Many infections, even those caused by antibiotic-sensitive bacteria, resist treatment. This paradox has vexed physicians for decades, and makes some infections impossible to cure. A key cause of this resistance is that bacteria become starved for nutrients during infection. Starved bacteria resist killing by nearly every type of antibiotic, even ones they have never been exposed to before.
What produces starvation-induced antibiotic resistance, and how can it be overcome? In a paper appearing this week in Science, researchers report some surprising answers.

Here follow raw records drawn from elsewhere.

-- ===== src/Binlog.antt =====
-- The MySQL write-set source of internal/binlog/capture.go: the events of the binary log, the changes
-- that they leave, and the window. The columns that `columnNames` finds, the clock, the connection's
-- answers on transactions and the stream are inputs; times are in nanoseconds.
pub mod Logged
pub mod Windows
use mocking_box.Prelude.{
  ℕ, zero, suc, ◌+◌, ◌-◌, ◌*◌, Bool, true, false, not, ◌&&◌, ◌||◌, List, [], ◌∷◌, ◌++◌, Option,
  none, some, Result, ok, fail, ltb, leb, if◌then◌else◌, any, get_elem?, GoString, str, eqs, itoa,
}
use mocking_box.Diff.Value.{Numerics, Value, Fields, end, field}
use mocking_box.Diff.Writeset.{RowChange, insert_op, update_op, delete_op}

-- `opOf`: the kinds of row event, of every version.
pub data RowsKind : Type 0 where
  write_rows update_rows delete_rows unknown : RowsKind

-- A `RowsEvent`: its kind, its table, the names of the columns, and the rows.
pub record RowsEvent (N : Numerics) : Type 0 where
  pub kind : RowsKind
  pub schema : GoString
  pub table : GoString
  pub columns : List GoString
  pub rows : List (List (Value N))

pub data Event (N : Numerics) : Type 0 where
  rows_query : GoString → Event N
  rows : RowsEvent N → Event N
  other : Event N

-- `systemSchemas`
abbrev pub system_schemas : List GoString
system_schemas = str "mysql" ∷ str "information_schema" ∷ str "performance_schema" ∷ str "sys" ∷ []

unfoldable pub is_system : GoString → Bool
unfolding eqs
is_system schema = any (eqs schema) system_schemas

named : ℕ → Option GoString → GoString
unfolding itoa
named i (some (c ∷ name)) = c ∷ name
named i o = str "col_" ++ itoa i

-- The name of the column `i`.
unfoldable pub column_name : List GoString → ℕ → GoString
unfolding named
column_name cols i = named i (get_elem? cols i)

module _ {N : Numerics} where
  -- `m[name] = v`
  unfoldable pub put_field : GoString → Value N → Fields N → Fields N
  unfolding eqs
  put_field name v end = field name v end
  put_field name v (field k w fs) =
      let rest = put_field name v fs in if eqs k name then field k v fs else field k w rest

  -- The closure `rowMap`, from the column `i` on.
  unfoldable pub row_map : List GoString → ℕ → List (Value N) → Fields N → Fields N
  unfolding column_name put_field
  row_map cols i [] m = m
  row_map cols i (v ∷ row) m = row_map cols (suc i) row (put_field (column_name cols i) v m)

  change : GoString → GoString → Option (Fields N) → Option (Fields N) → GoString → RowChange N
  change table op before after query = record {
    table = table;
    op = op;
    before = before;
    after = after;
    query = query;
  }

  -- The pairs of an update; a row without its pair is dropped.
  unfoldable pub update_rows_of :
      GoString → List GoString → GoString → List (List (Value N)) → List (RowChange N)
  unfolding row_map change
  update_rows_of table cols query (old ∷ new ∷ rest) =
      change table update_op (some (row_map cols 0 old end)) (some (row_map cols 0 new end)) query
      ∷ update_rows_of table cols query rest
  update_rows_of table cols query rest = []

  unfoldable pub insert_rows_of :
      GoString → List GoString → GoString → List (List (Value N)) → List (RowChange N)
  unfolding row_map change
  insert_rows_of table cols query [] = []
  insert_rows_of table cols query (row ∷ rest) =
      change table insert_op none (some (row_map cols 0 row end)) query
      ∷ insert_rows_of table cols query rest

  unfoldable pub delete_rows_of :
      GoString → List GoString → GoString → List (List (Value N)) → List (RowChange N)
  unfolding row_map change
  delete_rows_of table cols query [] = []
  delete_rows_of table cols query (row ∷ rest) =
      change table delete_op (some (row_map cols 0 row end)) none query
      ∷ delete_rows_of table cols query rest

  -- `normalize`
  unfoldable pub normalize : RowsEvent N → GoString → List (RowChange N)
  unfolding update_rows_of insert_rows_of delete_rows_of
  normalize e query = go (e.kind)
    where
      table : GoString
      table = e.schema ++ (str "." ++ e.table)

      go : RowsKind → List (RowChange N)
      go update_rows = update_rows_of table (e.columns) query (e.rows)
      go write_rows = insert_rows_of table (e.columns) query (e.rows)
      go delete_rows = delete_rows_of table (e.columns) query (e.rows)
      go unknown = []

-- `Capture`, with the pump's `lastQuery`.
pub record Capture (N : Numerics) : Type 0 where
  pub changes : List (RowChange N)
  pub last_event : Option ℕ
  pub err : Option GoString
  pub last_query : GoString

module _ {N : Numerics} where
  -- The changes of an event: none for a system schema.
  unfoldable pub changes_of : GoString → Event N → List (RowChange N)
  unfolding is_system normalize
  changes_of query (rows e) = if is_system (e.schema) then [] else normalize e query
  changes_of query e = []

  append : ℕ → List (RowChange N) → Capture N → Capture N
  append now [] c = c
  append now (x ∷ xs) c = record {
    changes = c.changes ++ x ∷ xs;
    last_event = some now;
    err = c.err;
    last_query = c.last_query;
  }

  -- One turn of the loop of `pump`.
  unfoldable pub pump : ℕ → Event N → Capture N → Capture N
  unfolding changes_of append
  pump now (rows_query q) c = record {
    changes = c.changes;
    last_event = c.last_event;
    err = c.err;
    last_query = q;
  }
  pump now (rows e) c = append now (changes_of (c.last_query) (rows e)) c
  pump now other c = c

  -- The end of the stream by an error.
  unfoldable pub stream_died : GoString → Capture N → Capture N
  stream_died e c = record {
    changes = c.changes;
    last_event = c.last_event;
    err = some e;
    last_query = c.last_query;
  }

  -- `BeginWindow`
  unfoldable pub begin_window : Capture N → Capture N
  begin_window c = record {
    changes = c.changes;
    last_event = none;
    err = c.err;
    last_query = c.last_query;
  }

  -- The end of `TakeWindow`, once it has waited.
  unfoldable pub close_window : Capture N → List (RowChange N) × Capture N
  close_window c = (
    c.changes,
    record { changes = []; last_event = c.last_event; err = c.err; last_query = c.last_query },
  )

-- What a turn of the loop of `TakeWindow` reads: the time, the pump's error and last event, and
-- whether a transaction is active.
pub record Poll : Type 0 where
  pub now : ℕ
  pub err : Option GoString
  pub last_event : Option ℕ
  pub active_trx : Bool

pub data Waited : Type 0 where
  quiesced timed_out : Waited
  failed : GoString → Waited

pub record Wait : Type 0 where
  pub quiet : ℕ
  pub opened : ℕ
  pub deadline : ℕ
  pub check_trx : Bool

since : ℕ → Option ℕ → ℕ → ℕ
since now none opened = now - opened
since now (some last) opened = now - last

-- One turn of the loop; none where it sleeps.
unfoldable pub turn : Wait → Poll → Option Waited
unfolding since
turn w p = go (p.err)
  where
    go : Option GoString → Option Waited
    go (some e) = some (failed e)
    go none =
        if leb (w.quiet) (since (p.now) (p.last_event) (w.opened))
          && (not (w.check_trx) || not (p.active_trx))
        then some quiesced
        else if ltb (w.deadline) (p.now)
        then some timed_out
        else none

or_wait : Option Waited → Option Waited → Option Waited
or_wait (some r) rest = some r
or_wait none rest = rest

-- The loop of `TakeWindow` from the turn `i` on, at most `fuel` turns: none where they are used up.
unfoldable pub wait : ℕ → Wait → (ℕ → Poll) → ℕ → Option Waited
unfolding turn or_wait
wait zero w polls i = none
wait (suc fuel) w polls i = or_wait (turn w (polls i)) (wait fuel w polls (suc i))

-- The result of `TakeWindow`; the source is as it is when the loop ends.
window_result :
    {N : Numerics} → Option Waited → Capture N → Option (Result (List (RowChange N)) × Capture N)
unfolding close_window
window_result none c = none
window_result (some (failed e)) c = some (fail e, c)
window_result (some quiesced) c = let (changes, c') = close_window c in some (ok changes, c')
window_result (some timed_out) c = let (changes, c') = close_window c in some (ok changes, c')

-- `TakeWindow`
unfoldable pub take_window :
    {N : Numerics}
    → ℕ
    → Wait
    → (ℕ → Poll)
    → Capture N
    → Option (Result (List (RowChange N)) × Capture N)
unfolding wait window_result
take_window fuel w polls c = window_result (wait fuel w polls 0) c
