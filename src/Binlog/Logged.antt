-- ===== src/Binlog/Logged.antt =====
-- What a row event of the binary log tells, against the changes that internal/binlog/capture.go makes of it.
use mocking_box.Prelude.{
  ◌≡◌, refl, List, [], ◌∷◌, ◌++◌, Option, none, some, map, ◌⊎◌, ◌||◌, if◌then◌else◌, str, eqs,
  GoString, arith, inl, inr,
}
use mocking_box.Diff.Value.{Numerics, Value, Fields, end}
use mocking_box.Diff.Writeset.{RowChange}
use mocking_box.Binlog.{
  rows, RowsEvent, RowsKind, write_rows, update_rows, delete_rows, unknown, row_map, insert_rows_of,
  delete_rows_of, update_rows_of, normalize, is_system, changes_of,
}

Kind-cases :
    (k : RowsKind) → (k ≡ write_rows) ⊎ ((k ≡ delete_rows) ⊎ ((k ≡ update_rows) ⊎ (k ≡ unknown)))
Kind-cases write_rows = inl refl
Kind-cases delete_rows = inr (inl refl)
Kind-cases update_rows = inr (inr (inl refl))
Kind-cases unknown = inr (inr (inr refl))

module _ {N : Numerics} where
  -- The columns of a row, by their names.
  columns_of : RowsEvent N → List (Value N) → Fields N
  unfolding row_map
  columns_of e row = row_map (e.columns) 0 row end

  change_of :
      RowsEvent N → GoString → GoString → Option (Fields N) → Option (Fields N) → RowChange N
  change_of e query op before after = record {
    table = e.schema ++ (str "." ++ e.table);
    op = op;
    before = before;
    after = after;
    query = query;
  }

  -- An update of a row, for each two rows after one another.
  updates : RowsEvent N → GoString → List (List (Value N)) → List (RowChange N)
  unfolding columns_of change_of
  updates e query [] = []
  updates e query (old ∷ []) = []
  updates e query (old ∷ new ∷ rs) =
      change_of e query (str "UPDATE") (some (columns_of e old)) (some (columns_of e new))
      ∷ updates e query rs

  -- What an event of rows tells, by its kind: the rows that are there after it, the rows that were there
  -- before it, or both for a pair of rows.
  told : RowsKind → RowsEvent N → GoString → List (RowChange N)
  unfolding columns_of change_of updates
  told write_rows e query =
      map (λ row. change_of e query (str "INSERT") none (some (columns_of e row))) (e.rows)
  told delete_rows e query =
      map (λ row. change_of e query (str "DELETE") (some (columns_of e row)) none) (e.rows)
  told update_rows e query = updates e query (e.rows)
  told unknown e query = []

  -- What an event of rows tells, of a schema that is none of the server's own.
  unfoldable pub logged : GoString → RowsEvent N → List (RowChange N)
  unfolding told eqs
  logged query e =
      if eqs (e.schema) (str "mysql")
        || (eqs (e.schema) (str "information_schema")
            || (eqs (e.schema) (str "performance_schema") || eqs (e.schema) (str "sys")))
      then []
      else told (e.kind) e query

  insert_rows_of-map :
      (e : RowsEvent N) (query : GoString) (rs : List (List (Value N)))
      → insert_rows_of (e.schema ++ (str "." ++ e.table)) (e.columns) query rs
        ≡ map (λ row. change_of e query (str "INSERT") none (some (columns_of e row))) rs
  unfolding insert_rows_of change_of columns_of
  insert_rows_of-map e query [] = refl
  insert_rows_of-map e query (row ∷ rs) = rw (insert_rows_of-map e query rs) refl

  delete_rows_of-map :
      (e : RowsEvent N) (query : GoString) (rs : List (List (Value N)))
      → delete_rows_of (e.schema ++ (str "." ++ e.table)) (e.columns) query rs
        ≡ map (λ row. change_of e query (str "DELETE") (some (columns_of e row)) none) rs
  unfolding delete_rows_of change_of columns_of
  delete_rows_of-map e query [] = refl
  delete_rows_of-map e query (row ∷ rs) = rw (delete_rows_of-map e query rs) refl

  update_rows_of-updates :
      (e : RowsEvent N) (query : GoString) (rs : List (List (Value N)))
      → update_rows_of (e.schema ++ (str "." ++ e.table)) (e.columns) query rs ≡ updates e query rs
  unfolding update_rows_of updates change_of columns_of
  update_rows_of-updates e query [] = refl
  update_rows_of-updates e query (old ∷ []) = refl
  update_rows_of-updates e query (old ∷ new ∷ rs) = rw (update_rows_of-updates e query rs) refl

  normalize-told : (e : RowsEvent N) (query : GoString) → normalize e query ≡ told (e.kind) e query
  unfolding normalize told
  normalize-told e query = elim (Kind-cases (e.kind)) [
    | inl k ↦ simp (k, insert_rows_of-map e query (e.rows))
    | inr (inl k) ↦ simp (k, delete_rows_of-map e query (e.rows))
    | inr (inr (inl k)) ↦ simp (k, update_rows_of-updates e query (e.rows))
    | inr (inr (inr k)) ↦ simp k
  ]

  pub changes_of-logged :
      (query : GoString) (e : RowsEvent N) → changes_of query (rows e) ≡ logged query e
  unfolding changes_of logged is_system
  changes_of-logged query e = ground (arith, normalize-told e query)
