-- ===== src/Binlog/Windows.antt =====
-- The windows of the MySQL write-set source, as a sequence of actions on it.
use mathlib.Core.List.{append_assoc, append-nil}
use mocking_box.Prelude.{
  ◌≡◌, ◌≢◌, refl, sym, ap, ◌∙◌, ℕ, zero, suc, ◌+◌, ◌*◌, ◌≤◌, ◌<◌, List, [], ◌∷◌, ◌++◌, Option, none,
  some, GoString, arith, Option-cases, inl, inr,
}
use mocking_box.Diff.Value.{Numerics}
use mocking_box.Diff.Writeset.{RowChange}
use mocking_box.Binlog.{
  Event, rows_query, rows, other, Capture, changes_of, pump, stream_died, begin_window,
  close_window, append, Poll, Wait, Waited, wait, turn, or_wait, take_window, window_result,
  quiesced, timed_out, failed, failed, quiesced, timed_out,
}
use mocking_box.Binlog.Logged.{logged, changes_of-logged}

-- What happens to a source: an event of the log, the death of the stream, and the two ends of a window.
pub data Action (N : Numerics) : Type 0 where
  event : ℕ → Event N → Action N
  death : GoString → Action N
  opens : Action N
  closes : Action N

module _ {N : Numerics} where
  unfoldable pub act : Action N → Capture N → List (RowChange N) × Capture N
  unfolding pump stream_died begin_window close_window
  act (event now e) c = ([], pump now e c)
  act (death e) c = ([], stream_died e c)
  act opens c = ([], begin_window c)
  act closes c = close_window c

  -- The changes of all windows that are closed, in their order, and the source at the end.
  unfoldable pub taken : List (Action N) → Capture N → List (RowChange N) × Capture N
  unfolding act
  taken [] c = ([], c)
  taken (a ∷ later) c =
      let (out, c') = act a c in let (rest, c'') = taken later c' in (out ++ rest, c'')

  -- The changes of the events, each with the statement that the log named last before it.
  unfoldable pub arrived : GoString → List (Action N) → List (RowChange N)
  unfolding logged
  arrived query [] = []
  arrived query (event now (rows_query q) ∷ later) = arrived q later
  arrived query (event now (rows e) ∷ later) = logged query e ++ arrived query later
  arrived query (a ∷ later) = arrived query later

  append-changes :
      (now : ℕ) (xs : List (RowChange N)) (c : Capture N)
      → ((append now xs c).changes ≡ c.changes ++ xs)
        × ((append now xs c).last_query ≡ c.last_query)
  unfolding append
  append-changes now [] c = (sym (append-nil (c.changes)), refl)
  append-changes now (x ∷ xs) c = (refl, refl)

  -- Whatever happens between and within the windows, the changes that the windows returned and then
  -- those still pending are the changes that were pending before and then those of the log's events in
  -- their order, each once and with the statement that the log named last: of an event of rows, an
  -- INSERT for each row written, a DELETE for each row deleted and an UPDATE for each two rows after one
  -- another, where a last row without its pair is dropped. Events of other kinds, and those of the
  -- schemas mysql, information_schema, performance_schema and sys, have none.
  pub taken-arrived :
      (later : List (Action N)) (c : Capture N)
      → (taken later c).0 ++ (taken later c).1.changes ≡ c.changes ++ arrived (c.last_query) later
  unfolding taken act arrived pump stream_died begin_window close_window
  taken-arrived [] c = sym (append-nil (c.changes))
  taken-arrived (event now (rows_query q) ∷ later) c =
      taken-arrived later (pump now (rows_query q) c)
  taken-arrived (event now (rows e) ∷ later) c =
      let xs = changes_of (c.last_query) (rows e) in
      let (p, q) = append-changes now xs c in
      taken-arrived later (append now xs c)
      ∙ rw (p, q)
          (append_assoc (c.changes) xs (arrived (c.last_query) later)
            ∙ ap (λ ys. c.changes ++ (ys ++ arrived (c.last_query) later))
                (changes_of-logged (c.last_query) e))
  taken-arrived (event now other ∷ later) c = taken-arrived later c
  taken-arrived (death e ∷ later) c = taken-arrived later (stream_died e c)
  taken-arrived (opens ∷ later) c = taken-arrived later (begin_window c)
  taken-arrived (closes ∷ later) c =
      append_assoc (c.changes) _ _
      ∙ ap (◌++◌ (c.changes)) (taken-arrived later ((close_window c).1))

abbrev sleep : ℕ
sleep = 50 * 1000000

turn-late : (w : Wait) (p : Poll) → w.deadline < p.now → turn w p ≢ none
unfolding turn
turn-late w p h = elim (Option-cases (p.err)) [
  | inl e ↦ rw e (λ q. ground arith)
  | inr (m, e) ↦ rw e (λ q. cc)
]

or_wait-some : (o : Option Waited) (rest : Option Waited) → o ≢ none → or_wait o rest ≢ none
unfolding or_wait
or_wait-some none rest h = absurd (h refl)
or_wait-some (some r) rest h = h

or_wait-rest : (o : Option Waited) (rest : Option Waited) → rest ≢ none → or_wait o rest ≢ none
unfolding or_wait
or_wait-rest none rest h = h
or_wait-rest (some r) rest h = λ e. cc

wait-terminates :
    (fuel : ℕ) (w : Wait) (polls : ℕ → Poll) (i : ℕ)
    → ((j : ℕ) → (polls j).now + sleep ≤ (polls (suc j)).now)
    → w.deadline < (polls i).now + fuel * sleep
    → wait (suc fuel) w polls i ≢ none
unfolding wait
wait-terminates zero w polls i pace h =
    or_wait-some (turn w (polls i)) (wait zero w polls (suc i))
      (turn-late w (polls i) (omega (arith, h)))
wait-terminates (suc fuel) w polls i pace h =
    or_wait-rest (turn w (polls i)) (wait (suc fuel) w polls (suc i))
      (wait-terminates fuel w polls (suc i) pace (omega (arith, h, pace i)))

window_result-some :
    {N : Numerics} (o : Option Waited) (c : Capture N) → o ≢ none → window_result o c ≢ none
unfolding window_result
window_result-some none c h = absurd (h refl)
window_result-some (some (failed e)) c h = λ q. cc
window_result-some (some quiesced) c h = λ q. cc
window_result-some (some timed_out) c h = λ q. cc

-- If every turn of its loop comes at least the 50 ms of its sleep after the one before, `TakeWindow`
-- ends: the turns that pass the deadline at that pace are enough, whatever the database does.
pub take_window-terminates :
    {N : Numerics} (fuel : ℕ) (w : Wait) (polls : ℕ → Poll) (c : Capture N)
    → ((j : ℕ) → (polls j).now + sleep ≤ (polls (suc j)).now)
    → w.deadline < (polls 0).now + fuel * sleep
    → take_window (suc fuel) w polls c ≢ none
unfolding take_window
take_window-terminates fuel w polls c pace h =
    window_result-some (wait (suc fuel) w polls 0) c (wait-terminates fuel w polls 0 pace h)
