-- ===== src/Cli.antt =====
-- The command line of cmd/mockingbox/main.go: the choice of the command (`main`, `cmdCollect`), the
-- verification and the live run (Verify), the seeding (Seeding) and the collectors (Collect). What the flag
-- package parses is given as its values.
pub mod Verify
pub mod Exit
pub mod Seeding
pub mod Collect
use mocking_box.Prelude.{
  Bool, true, false, ◌||◌, List, [], ◌∷◌, if◌then◌else◌, GoString, str, eqs, has_prefix,
}

-- What `main` runs, with the arguments that are left; `help` exits with 0, `usage` with 2.
pub data Command : Type 0 where
  run verify dashboard mcp seed sniff convert mirror agent proxy : List GoString → Command
  help usage : Command

-- `cmdCollect`
unfoldable pub collect : List GoString → Command
unfolding eqs has_prefix
collect [] = sniff []
collect (mode ∷ args) =
    if has_prefix mode (str "-")
    then sniff (mode ∷ args)
    else if eqs mode (str "agent")
    then agent args
    else if eqs mode (str "sniff")
    then sniff args
    else if eqs mode (str "pcap")
    then convert args
    else if eqs mode (str "mirror")
    then mirror args
    else if eqs mode (str "proxy")
    then proxy args
    else sniff (mode ∷ args)

-- `main`, without the name of the program
unfoldable pub command_of : List GoString → Command
unfolding eqs collect
command_of [] = usage
command_of (name ∷ args) =
    if eqs name (str "run")
    then run args
    else if eqs name (str "verify")
    then verify args
    else if eqs name (str "dashboard") || eqs name (str "ui")
    then dashboard args
    else if eqs name (str "mcp")
    then mcp args
    else if eqs name (str "collector") || eqs name (str "collect")
    then collect args
    else if eqs name (str "seed")
    then seed args
    else if eqs name (str "sniff")
    then sniff args
    else if eqs name (str "convert")
    then convert args
    else if eqs name (str "mirror")
    then mirror args
    else if eqs name (str "-h") || (eqs name (str "--help") || eqs name (str "help"))
    then help
    else usage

"Bacteria become starved when they exhaust nutrient supplies in the body, or if they live clustered together in groups know as biofilms," says the lead author of the paper, Dr. Dao Nguyen, an assistant professor of medicine at McGill University.
Biofilms are clusters of bacteria encased in a slimy coating, and can be found both in the natural environment as well as in human tissues where they cause disease. For example, biofilm bacteria grow in the scabs of chronic wounds, and the lungs of patients with cystic fibrosis. Bacteria in biofilms tolerate high levels of antibiotics without being killed.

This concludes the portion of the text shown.